The following example is another very simple demonstration how much can go wrong in a non-happy execution path.

return $a / $b;

You probably can already see the problem I'm going to mention. While I can easily write a test for the happy path and make this test pass and achieve 100% coverage I could also write a test for the unhappy path and cause an exception $a / 0.

Another example could be to cause over-/underflow

return $a * $b

Simply multiply the max value for $a (e.g. PHP_INT_MAX) with 2 and you will receive a result which you "didn't expect".

Array Boundaries

Dynamic array indices are another problem, they can cause bugs/exceptions.

return $array[$dynamicIndex];

Sometimes the evaluation of the array index can be tricky and not always all possible $dynamicIndex get tested.

Float

Float value operation in general are problematic due to their imperfect precision. Some code may not consider these precision problems and if you don't think about them during testing you'll not catch them. Even if you consider them it's not always obvious how to construct a test which may cause a failure.

return 100-3.26-$a == 96.74-$a;

If you test this $a = 0 or $a = 20 you will receive true as result but once you test it with $a = 40 the return will be false due to the internal representation/calculation of floats.

Types

PHP allows more and more type hints but there are still many situation even in other programming languages where you can have dynamic types and your tests don't test for all possible cases. Sometimes you only expect numeric values but for some reason a value might also be of a different type.

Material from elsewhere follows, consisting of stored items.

-- ===== src/Pmm/Release.antt =====
-- `pmm_free_page`, `pmm_reserve_page` and `pmm_unreserve_page`.
use chanux.Common.{
  ℕ, ◌-◌, ◌<◌, ◌≤◌, ◌≡◌, refl, Bool, true, false, ltb, if◌then◌else◌, ◌⊎◌, inl, inr, arith, add64,
  sub64,
}
use chanux.Bitmap.{bitmap_test, bitmap_set, bitmap_clear}
use chanux.Pmm.{
  Pmm, page_size, max_pages, addr_to_pfn, free_page, reserve_page, unreserve_page, alloc_page,
}
use chanux.Pmm.Valid.{IsValid, Takes, Releases, set-Takes, clear-Releases}
use chanux.Pmm.Alloc.{alloc_page_lem}

-- The page is out of range, or its bit is already as the call would leave it: nothing changes.
abbrev pub Ignores : Pmm → Pmm → ℕ → Bool → Type 0
Ignores s s' q bit = (s' ≡ s) × ((max_pages ≤ q) ⊎ (bitmap_test s.bitmap q ≡ bit))

-- In range, the page is free or used.
page_cases :
    (s : Pmm) (q : ℕ)
    → ((max_pages ≤ q) ⊎ (bitmap_test s.bitmap q ≡ false))
      ⊎ ((q < max_pages) × (bitmap_test s.bitmap q ≡ true))
page_cases s q = ground arith

page_cases_set :
    (s : Pmm) (q : ℕ)
    → ((max_pages ≤ q) ⊎ (bitmap_test s.bitmap q ≡ true))
      ⊎ ((q < max_pages) × (bitmap_test s.bitmap q ≡ false))
page_cases_set s q = ground arith

module _ (s : Pmm) (v : IsValid s) (addr : ℕ) where
  freed : Pmm
  freed = record s {
    bitmap = bitmap_clear s.bitmap (addr_to_pfn addr);
    free_count = add64 s.free_count 1;
    first_free_hint =
        if ltb (addr_to_pfn addr) s.first_free_hint then addr_to_pfn addr else s.first_free_hint;
  }

  free_page-used :
      page_size ≤ addr
      → addr_to_pfn addr < max_pages
      → bitmap_test s.bitmap (addr_to_pfn addr) ≡ true
      → free_page s addr ≡ freed
  unfolding free_page freed
  free_page-used h r used = ground arith

  free_page-ignored :
      (max_pages ≤ addr_to_pfn addr) ⊎ (bitmap_test s.bitmap (addr_to_pfn addr) ≡ false)
      → free_page s addr ≡ s
  unfolding free_page
  free_page-ignored h = ground arith

  reserved : Pmm
  reserved = record s {
    bitmap = bitmap_set s.bitmap (addr_to_pfn addr);
    free_count = sub64 s.free_count 1;
    reserved_pages = add64 s.reserved_pages 1;
  }

  reserve_page-free :
      addr_to_pfn addr < max_pages
      → bitmap_test s.bitmap (addr_to_pfn addr) ≡ false
      → reserve_page s addr ≡ reserved
  unfolding reserve_page reserved
  reserve_page-free r free = ground arith

  reserve_page-ignored :
      (max_pages ≤ addr_to_pfn addr) ⊎ (bitmap_test s.bitmap (addr_to_pfn addr) ≡ true)
      → reserve_page s addr ≡ s
  unfolding reserve_page
  reserve_page-ignored h = ground arith

  unreserved : Pmm
  unreserved = record s {
    bitmap = bitmap_clear s.bitmap (addr_to_pfn addr);
    free_count = add64 s.free_count 1;
    reserved_pages = if ltb 0 s.reserved_pages then s.reserved_pages - 1 else s.reserved_pages;
  }

  unreserve_page-used :
      addr_to_pfn addr < max_pages
      → bitmap_test s.bitmap (addr_to_pfn addr) ≡ true
      → unreserve_page s addr ≡ unreserved
  unfolding unreserve_page unreserved
  unreserve_page-used r used = ground arith

  unreserve_page-ignored :
      (max_pages ≤ addr_to_pfn addr) ⊎ (bitmap_test s.bitmap (addr_to_pfn addr) ≡ false)
      → unreserve_page s addr ≡ s
  unfolding unreserve_page
  unreserve_page-ignored h = ground arith

  freed-Releases :
      page_size ≤ addr
      → addr_to_pfn addr < max_pages
      → bitmap_test s.bitmap (addr_to_pfn addr) ≡ true
      → Releases s freed (addr_to_pfn addr)
  unfolding freed
  freed-Releases h r used =
      clear-Releases s _ (addr_to_pfn addr) v r used (omega arith) refl refl
        (ground (arith, v.hint_in))

  unreserved-Releases :
      page_size ≤ addr
      → addr_to_pfn addr < max_pages
      → bitmap_test s.bitmap (addr_to_pfn addr) ≡ true
      → Releases s unreserved (addr_to_pfn addr)
  unfolding unreserved
  unreserved-Releases h r used =
      clear-Releases s _ (addr_to_pfn addr) v r used (omega arith) refl refl v.hint_in

  reserved-Takes :
      addr_to_pfn addr < max_pages
      → bitmap_test s.bitmap (addr_to_pfn addr) ≡ false
      → Takes s reserved (addr_to_pfn addr)
  unfolding reserved
  reserved-Takes r free = set-Takes s _ (addr_to_pfn addr) v r free refl refl v.hint_in

  -- In a valid state, for an address of 4096 or above, pmm_free_page clears the bit of a used page
  -- of the bitmap, raises the free count by one and keeps the invariant; or it changes nothing, and
  -- the page was free already or is outside the bitmap.
  pub free_page_lem :
      page_size ≤ addr
      → Releases s (free_page s addr) (addr_to_pfn addr)
        ⊎ Ignores s (free_page s addr) (addr_to_pfn addr) false
  free_page_lem h = elim (page_cases s (addr_to_pfn addr)) [
    | inl same ↦ inr (free_page-ignored same, same)
    | inr (r, used) ↦ inl (rw (free_page-used h r used) (freed-Releases h r used))
  ]

  -- In a valid state, for an address of 4096 or above, pmm_unreserve_page clears the bit of a used
  -- page of the bitmap, raises the free count by one and keeps the invariant; or it changes
  -- nothing, and the page was free already or is outside the bitmap.
  pub unreserve_page_lem :
      page_size ≤ addr
      → Releases s (unreserve_page s addr) (addr_to_pfn addr)
        ⊎ Ignores s (unreserve_page s addr) (addr_to_pfn addr) false
  unreserve_page_lem h = elim (page_cases s (addr_to_pfn addr)) [
    | inl same ↦ inr (unreserve_page-ignored same, same)
    | inr (r, used) ↦ inl (rw (unreserve_page-used r used) (unreserved-Releases h r used))
  ]

  -- In a valid state pmm_reserve_page sets the bit of a free page of the bitmap, lowers the free
  -- count by one and keeps the invariant; or it changes nothing, and the page was used already or
  -- is outside the bitmap.
  pub reserve_page_lem :
      Takes s (reserve_page s addr) (addr_to_pfn addr)
      ⊎ Ignores s (reserve_page s addr) (addr_to_pfn addr) true
  reserve_page_lem = elim (page_cases_set s (addr_to_pfn addr)) [
    | inl same ↦ inr (reserve_page-ignored same, same)
    | inr (r, free) ↦ inl (rw (reserve_page-free r free) (reserved-Takes r free))
  ]

module _ (s s' s'' : Pmm) (q : ℕ) (t : Takes s s' q) where
  Takes-Releases :
      Releases s' s'' q
      → ((r : ℕ) → bitmap_test s''.bitmap r ≡ bitmap_test s.bitmap r)
        × (s''.free_count ≡ s.free_count)
        × IsValid s''
  Takes-Releases f = (
    λ r. ground (arith, t.now r, f.now r, t.was_free),
    omega (arith, t.counted, f.counted),
    f.valid,
  )

  not-Ignores : ¬ Ignores s' s'' q false
  not-Ignores (same, why) = ground (arith, why, t.in_range, t.now q)

-- In a valid state with a free page, pmm_alloc_page and then pmm_free_page of its result leave
-- every bit and the free count as they were, and the state valid.
pub free_page-alloc_page :
    (s : Pmm)
    → IsValid s
    → 0 < s.free_count
    → let (addr, s') = alloc_page s in
      let s'' = free_page s' addr in
      ((r : ℕ) → bitmap_test s''.bitmap r ≡ bitmap_test s.bitmap r)
      × (s''.free_count ≡ s.free_count)
      × IsValid s''
free_page-alloc_page s v h = elim (alloc_page_lem s v) [
  | inl (q, t, e, pos) ↦
      let same_page : addr_to_pfn (alloc_page s).0 ≡ q = omega arith in
      elim (free_page_lem (alloc_page s).1 t.valid (alloc_page s).0 (omega arith)) [
        | inl f ↦ Takes-Releases s _ _ q t (rw same_page at f)
        | inr ignored ↦ absurd (not-Ignores s _ _ q t (rw same_page at ignored))
      ]
  | inr (e, same, none_free) ↦ absurd (omega arith)
]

Execution Order and Workflow Dependencies

Immutable objects are one way to ensure which part of a program is responsible for creating a object but applications usually have code sections which depend on each other. In my tests for example I could have a DatabaseConnection object and a DataMapper. The DataMapper depends on a correct setup of the database connection, while the database connection relies maybe on a settings manager for importing the connection settings for the database.

Testing for the happy path where everything is setup is no problem but one must not forget that not everything goes smooth in this setup process and one of the steps in between may fail.

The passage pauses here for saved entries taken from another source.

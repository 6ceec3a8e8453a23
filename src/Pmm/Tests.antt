-- ===== src/Pmm/Tests.antt =====
-- The page allocator run after a boot with one usable region, the four pages from 4 MB on.
use chanux.Common.{ℕ, ◌<◌, ◌≡◌, refl, true, false, inr, arith, some, List, [], ◌∷◌}
use chanux.Bitmap.{bitmap_test}
use chanux.Bitmap.Count.{count_free_pos}
use chanux.Pmm.{Pmm, max_pages, alloc_page, alloc_pages, free_page}
use chanux.Pmm.Init.{MemoryMapEntry, all_used, add_regions, reserve_system, find_hint, init}
use chanux.Pmm.Runs.{all_free}
use chanux.Pmm.Valid.{IsValid}
use chanux.Pmm.Alloc.{Outcome, alloc_page_lem}
use chanux.Pmm.Release.{free_page-alloc_page}
use chanux.Pmm.AllocRun.{IsRunTaken, alloc_pages_complete}
use chanux.Pmm.Boot.{covers, covered, init-bitmap}
use chanux.Pmm.BootCount.{count_covers, init-IsValid}

abbrev region : MemoryMapEntry
region = record { base = 0x400000; length = 0x4000; type = 1 }

abbrev memory_map : List MemoryMapEntry
memory_map = region ∷ []

abbrev freed : Pmm
freed = add_regions all_used memory_map

abbrev booted : Pmm
booted = find_hint (reserve_system (record freed { total_pages = freed.free_count }))

init_boots : init memory_map ≡ some booted
unfolding init
init_boots = refl

init-IsValid_example : IsValid booted
unfolding count_covers
init-IsValid_example = init-IsValid memory_map (λ r. ground arith) init_boots

page_1024_free : bitmap_test booted.bitmap 1024 ≡ false
unfolding covered covers
page_1024_free = init-bitmap memory_map 1024 init_boots (omega arith)

page_1025_free : bitmap_test booted.bitmap 1025 ≡ false
unfolding covered covers
page_1025_free = init-bitmap memory_map 1025 init_boots (omega arith)

-- The search starts at page 0.
abbrev rewound : Pmm
rewound = record booted { first_free_hint = 0 }

rewound-IsValid : IsValid rewound
rewound-IsValid =
    let v = init-IsValid_example in
    record { bytes = v.bytes; counted = v.counted; hint_in = omega arith; zero_used = v.zero_used }

rewound_has_free : 0 < rewound.free_count
rewound_has_free = omega (
  arith,
  rewound-IsValid.counted,
  count_free_pos booted.bitmap max_pages 1024 (omega arith) page_1024_free,
)

alloc_page_lem_example : Outcome rewound (alloc_page rewound)
alloc_page_lem_example = alloc_page_lem rewound rewound-IsValid

free_page-alloc_page_example :
    let (addr, s') = alloc_page rewound in
    let s'' = free_page s' addr in
    ((r : ℕ) → bitmap_test s''.bitmap r ≡ bitmap_test rewound.bitmap r)
    × (s''.free_count ≡ rewound.free_count)
    × IsValid s''
free_page-alloc_page_example = free_page-alloc_page rewound rewound-IsValid rewound_has_free

two_free : all_free rewound.bitmap 1024 2 ≡ true
unfolding all_free
two_free = rw (page_1024_free, page_1025_free)

alloc_pages_complete_example : IsRunTaken rewound 2 (alloc_pages rewound 2)
alloc_pages_complete_example =
    alloc_pages_complete rewound 2 1024 rewound-IsValid (omega arith) two_free (omega arith)
      (inr (omega arith))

Dependencies & Environment

Additionally, software and applications rely more and more on third party libraries, frameworks etc. Depending on how extensively your using third party code your 100% code coverage may only represent a very small amount of the actual code getting executed (library, framework, apache/nginx, mysql/postrges, frontend/backend, browser, php/node, OS ...). Many of the dependencies can even have different settings which can have different effects on your application which most likely are not all tested despite your code coverage stating it is running 100% of your code.

Conclusion

When writing tests you are most likely thinking about the happy path first (which is not a bad thing, if your happy path doesn't work then you're already in trouble) but try to think of the unhappy path as well. This approach is also often used in science/R&D where you try to break/disprove something in order to show that your implementation is actually correct/good. One solution could be to let programmers write tests which haven't written the code and let them try to break it (in a sensible way). The problem with this is that it can cause problems in the team and requires good communication and training how to communicate the test results.

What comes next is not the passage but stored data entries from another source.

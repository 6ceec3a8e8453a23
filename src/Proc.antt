-- ===== src/Proc.antt =====
-- kernel/include/proc/process.h: the process control block, and the state that process.c and
-- sched.c keep between them.
use Prim.Native.Nat.{bit_and}
use chanux.Common.{ℕ, ◌-◌, Bool, not, ◌==◌, Option, List, update, take}
use chanux.FileTable.{FdTable, FileTable}

-- `process_state_t`
pub data ProcessState : Type 0 where
  unused ready running blocked terminated : ProcessState

abbrev pub max_processes : ℕ
max_processes = 64

abbrev pub process_name_max : ℕ
process_name_max = 32

abbrev pub kernel_stack_size : ℕ
kernel_stack_size = 8192

abbrev pub default_time_slice : ℕ
default_time_slice = 10

abbrev pub cwd_max : ℕ
cwd_max = 256

abbrev pub flag_kernel : ℕ
flag_kernel = 1

abbrev pub flag_idle : ℕ
flag_idle = 2

-- `process_t`. A pointer to a process is its place in the process table; a C string is the list of
-- its bytes before the NUL; the entry point and its argument are the addresses.
pub record Process : Type 0 where
  pub pid : ℕ
  pub name : List ℕ
  pub state : ProcessState
  pub flags : ℕ
  pub kernel_stack : Option ℕ
  pub kernel_stack_top : ℕ
  pub rsp : ℕ
  pub entry : ℕ
  pub entry_arg : ℕ
  pub time_slice : ℕ
  pub priority : ℕ
  pub total_ticks : ℕ
  pub next : Option ℕ
  pub prev : Option ℕ
  pub exit_code : ℕ
  pub parent_pid : ℕ
  pub wake_tick : ℕ
  pub pml4_phys : ℕ
  pub user_stack : ℕ
  pub user_stack_top : ℕ
  pub user_rsp : ℕ
  pub user_code : ℕ
  pub user_code_size : ℕ
  pub fd_table : Option FdTable
  pub cwd : List ℕ

-- The static variables of process.c, then those of sched.c, and the files that processes share.
pub record System : Type 0 where
  pub procs : ℕ → Process
  pub next_pid : ℕ
  pub current : Option ℕ
  pub head : Option ℕ
  pub tail : Option ℕ
  pub scheduler_running : Bool
  pub need_reschedule : Bool
  pub idle : Option ℕ
  pub files : FileTable

abbrev pub set_proc : System → ℕ → Process → System
set_proc s p proc = record s { procs = update s.procs p proc }

-- `flags & PROCESS_FLAG_IDLE`
abbrev pub is_idle : Process → Bool
is_idle proc = not (bit_and proc.flags flag_idle == 0)

-- `str_copy` into a field of `max` bytes: what fits before the NUL.
pub str_copy : List ℕ → ℕ → List ℕ
str_copy src max = take (max - 1) src
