-- ===== src/RunQueue.antt =====
-- The run queue of kernel/proc/sched.c: a doubly linked list through the process table.
pub mod Links
pub mod Queue
pub mod Pop
pub mod Frame
pub mod Requeue
use chanux.Common.{
  ℕ, zero, suc, ◌+◌, Bool, true, false, not, ◌||◌, ◌==◌, if◌then◌else◌, Option, none, some, update,
  add32,
}
use chanux.Proc.{Process, ProcessState, System, set_proc, is_idle}

abbrev pub is_some : Option ℕ → Bool
is_some none = false
is_some (some _) = true

-- `o == p`, for a pointer that may be `NULL`
abbrev pub points_to : Option ℕ → ℕ → Bool
points_to none p = false
points_to (some q) p = q == p

abbrev set_next : System → Option ℕ → Option ℕ → System
set_next s none next = s
set_next s (some p) next = set_proc s p (record (s.procs p) { next = next })

abbrev set_prev : System → Option ℕ → Option ℕ → System
set_prev s none prev = s
set_prev s (some p) prev = set_proc s p (record (s.procs p) { prev = prev })

-- The end of `sched_add`: the process is linked in behind the tail.
unfoldable pub append_to_queue : System → ℕ → System
append_to_queue s p =
    let proc = record (s.procs p) { state = ProcessState.ready; prev = s.tail; next = none } in
    let s' = set_next (set_proc s p proc) s.tail (some p) in
    record s' { head = if is_some s.tail then s'.head else some p; tail = some p }

unfoldable pub sched_add : System → Option ℕ → System
unfolding append_to_queue
sched_add s none = s
sched_add s (some p) =
    let proc = s.procs p in
    if is_idle proc
    then s
    else if is_some proc.next || (is_some proc.prev || points_to s.head p)
    then s
    else append_to_queue s p

-- The process before it, or the head, is linked to the one after it, and the one after it, or the
-- tail, to the one before it.
unfoldable pub sched_remove : System → Option ℕ → System
sched_remove s none = s
sched_remove s (some p) =
    let before = set_next s (s.procs p).prev (s.procs p).next in
    let headed =
      if is_some (s.procs p).prev then before else record before { head = (s.procs p).next } in
    let after = set_prev headed (headed.procs p).next (headed.procs p).prev in
    let tailed =
      if is_some (headed.procs p).next
      then after
      else record after { tail = (headed.procs p).prev } in
    set_proc tailed p (record (tailed.procs p) { next = none; prev = none })

-- Taking the head `p` off the queue.
unfoldable pub pop_head : System → ℕ → System
pop_head s p =
    let second = (s.procs p).next in
    let moved = set_prev (record s { head = second }) second none in
    let s' = record moved { tail = if is_some second then moved.tail else none } in
    set_proc s' p (record (s'.procs p) { next = none; prev = none })

unfoldable pub sched_pick_next : System → Option ℕ × System
unfolding pop_head
sched_pick_next s = elim s.head [ none ↦ (s.idle, s) | some p ↦ (some p, pop_head s p) ]

-- The `while` loop of `sched_ready_count`, on fuel.
pub count_from : System → ℕ → Option ℕ → ℕ → ℕ
count_from s zero p count = count
count_from s (suc fuel) none count = count
count_from s (suc fuel) (some p) count = count_from s fuel (s.procs p).next (add32 count 1)
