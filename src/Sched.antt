-- ===== src/Sched.antt =====
-- kernel/proc/sched.c over its run queue, with `process_wake_sleeping` of kernel/proc/process.c.
-- Interrupts are off in all of these functions, so each is one step.
pub mod Invariant
pub mod Rotation
pub mod Wake
pub mod Calm
pub mod Tick
use chanux.Common.{
  ℕ, zero, suc, ◌+◌, ◌-◌, Bool, true, false, not, ◌&&◌, ◌||◌, ◌==◌, ltb, leb, if◌then◌else◌, Option,
  none, some, add64,
}
use chanux.Proc.{
  Process, ProcessState, System, set_proc, is_idle, default_time_slice, max_processes,
}
use chanux.RunQueue.{is_some, sched_add, sched_pick_next, count_from}

abbrev pub is_running : ProcessState → Bool
is_running ProcessState.running = true
is_running _ = false

abbrev pub is_blocked : ProcessState → Bool
is_blocked ProcessState.blocked = true
is_blocked _ = false

-- A list of 64 processes is counted with fuel to spare.
unfoldable pub sched_ready_count : System → ℕ
sched_ready_count s = count_from s (max_processes + 1) s.head 0

abbrev pub sched_reschedule : System → System
sched_reschedule s = record s { need_reschedule = true }

-- A process that waited is made ready.
abbrev pub awaken : Process → Process
awaken proc = record proc {
  state = ProcessState.ready;
  time_slice = default_time_slice;
  wake_tick = 0;
}

-- The process sleeps, and its time has come.
abbrev pub is_due : ℕ → Process → Bool
is_due tick proc = is_blocked proc.state && (ltb 0 proc.wake_tick && leb proc.wake_tick tick)

-- One round of the loop of `process_wake_sleeping`.
unfoldable pub wake_one : ℕ → System → ℕ → System
wake_one tick s p =
    let proc = s.procs p in
    if is_due tick proc then sched_add (set_proc s p (awaken proc)) (some p) else s

-- The `n` processes from `i` on.
pub wake_from : ℕ → System → ℕ → ℕ → System
wake_from tick s i zero = s
wake_from tick s i (suc n) = wake_from tick (wake_one tick s i) (i + 1) n

unfoldable pub process_wake_sleeping : System → ℕ → System
process_wake_sleeping s tick = wake_from tick s 0 max_processes

abbrev pub with_slice : Process → Process
with_slice proc = record proc { time_slice = default_time_slice }

-- The process that ran goes back to the queue, if it still could run.
unfoldable pub put_back : System → ℕ → System
put_back s prev =
    let proc = s.procs prev in
    if is_running proc.state
    then sched_add
        (set_proc s prev
          (record proc { state = ProcessState.ready; time_slice = default_time_slice }))
        (some prev)
    else s

-- From here the processor runs `next`; the registers that `context_switch` saves are not modelled.
unfoldable pub run_process : System → ℕ → System
run_process s next =
    let proc = record (s.procs next) {
      state = ProcessState.running;
      time_slice = default_time_slice;
    } in
    record (set_proc s next proc) { current = some next }

unfoldable pub switch_process : System → ℕ → ℕ → System
unfolding put_back run_process
switch_process s prev next =
    if next == prev
    then set_proc s next (with_slice (s.procs next))
    else run_process (put_back s prev) next

abbrev pub switch_picked : ℕ → Option ℕ × System → System
switch_picked prev (none, s) = s
switch_picked prev (some next, s) = switch_process s prev next

-- With no idle process to fall back on the code would use a null pointer; `sched_init` sees to one.
unfoldable pub schedule : System → System
unfolding switch_process
schedule s = elim s.current [
  | none ↦ s
  | some prev ↦ if s.scheduler_running then switch_picked prev (sched_pick_next s) else s
]

-- The accounting of one tick to the current process.
unfoldable pub charge_tick : System → ℕ → System
charge_tick s cur =
    let proc = s.procs cur in
    let left = if ltb 0 proc.time_slice then proc.time_slice - 1 else proc.time_slice in
    let charged = record proc { total_ticks = add64 proc.total_ticks 1; time_slice = left } in
    let s' = set_proc s cur charged in
    if left == 0
    then if not (is_idle proc) || is_some s.head
      then record s' { need_reschedule = true }
      else set_proc s cur (with_slice charged)
    else s'

unfoldable pub preempt : System → System
unfolding schedule
preempt s = if s.need_reschedule then schedule (record s { need_reschedule = false }) else s

abbrev tick_current : System → System
tick_current s = elim s.current [ none ↦ s | some cur ↦ preempt (charge_tick s cur) ]

-- The timer interrupt, at `ticks` on the clock.
unfoldable pub sched_tick : System → ℕ → System
unfolding preempt charge_tick process_wake_sleeping
sched_tick s ticks = if s.scheduler_running then tick_current (process_wake_sleeping s ticks) else s

abbrev start_picked : Option ℕ × System → Option System
start_picked (none, s) = none
start_picked (some first, s) = some (run_process (record s { scheduler_running = true }) first)

-- `none` is the panic when there is no process to run.
unfoldable pub sched_start : System → Option System
unfolding run_process
sched_start s = start_picked (sched_pick_next s)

Tests should be predictable but at the same time I recommend to add some random factor to them. Instead of only running fixed values maybe add random input values so you get at least a chance to discover some bugs you haven't thought about (just remember to make the error report very verbose so it's easy to see which input values causes this problem). In some cases it may even be possible to run a test based on all possible input values. If you have a enum as possible input variable, just loop over all enum values.

With this article I neither want to enforce the need to achieve 100% code coverage nor do I want to condemn it. I simply hope to give you some examples which show that 100% code coverage is not the actual goal you should aim for and doesn't give you a definitive indication of how robust your code is.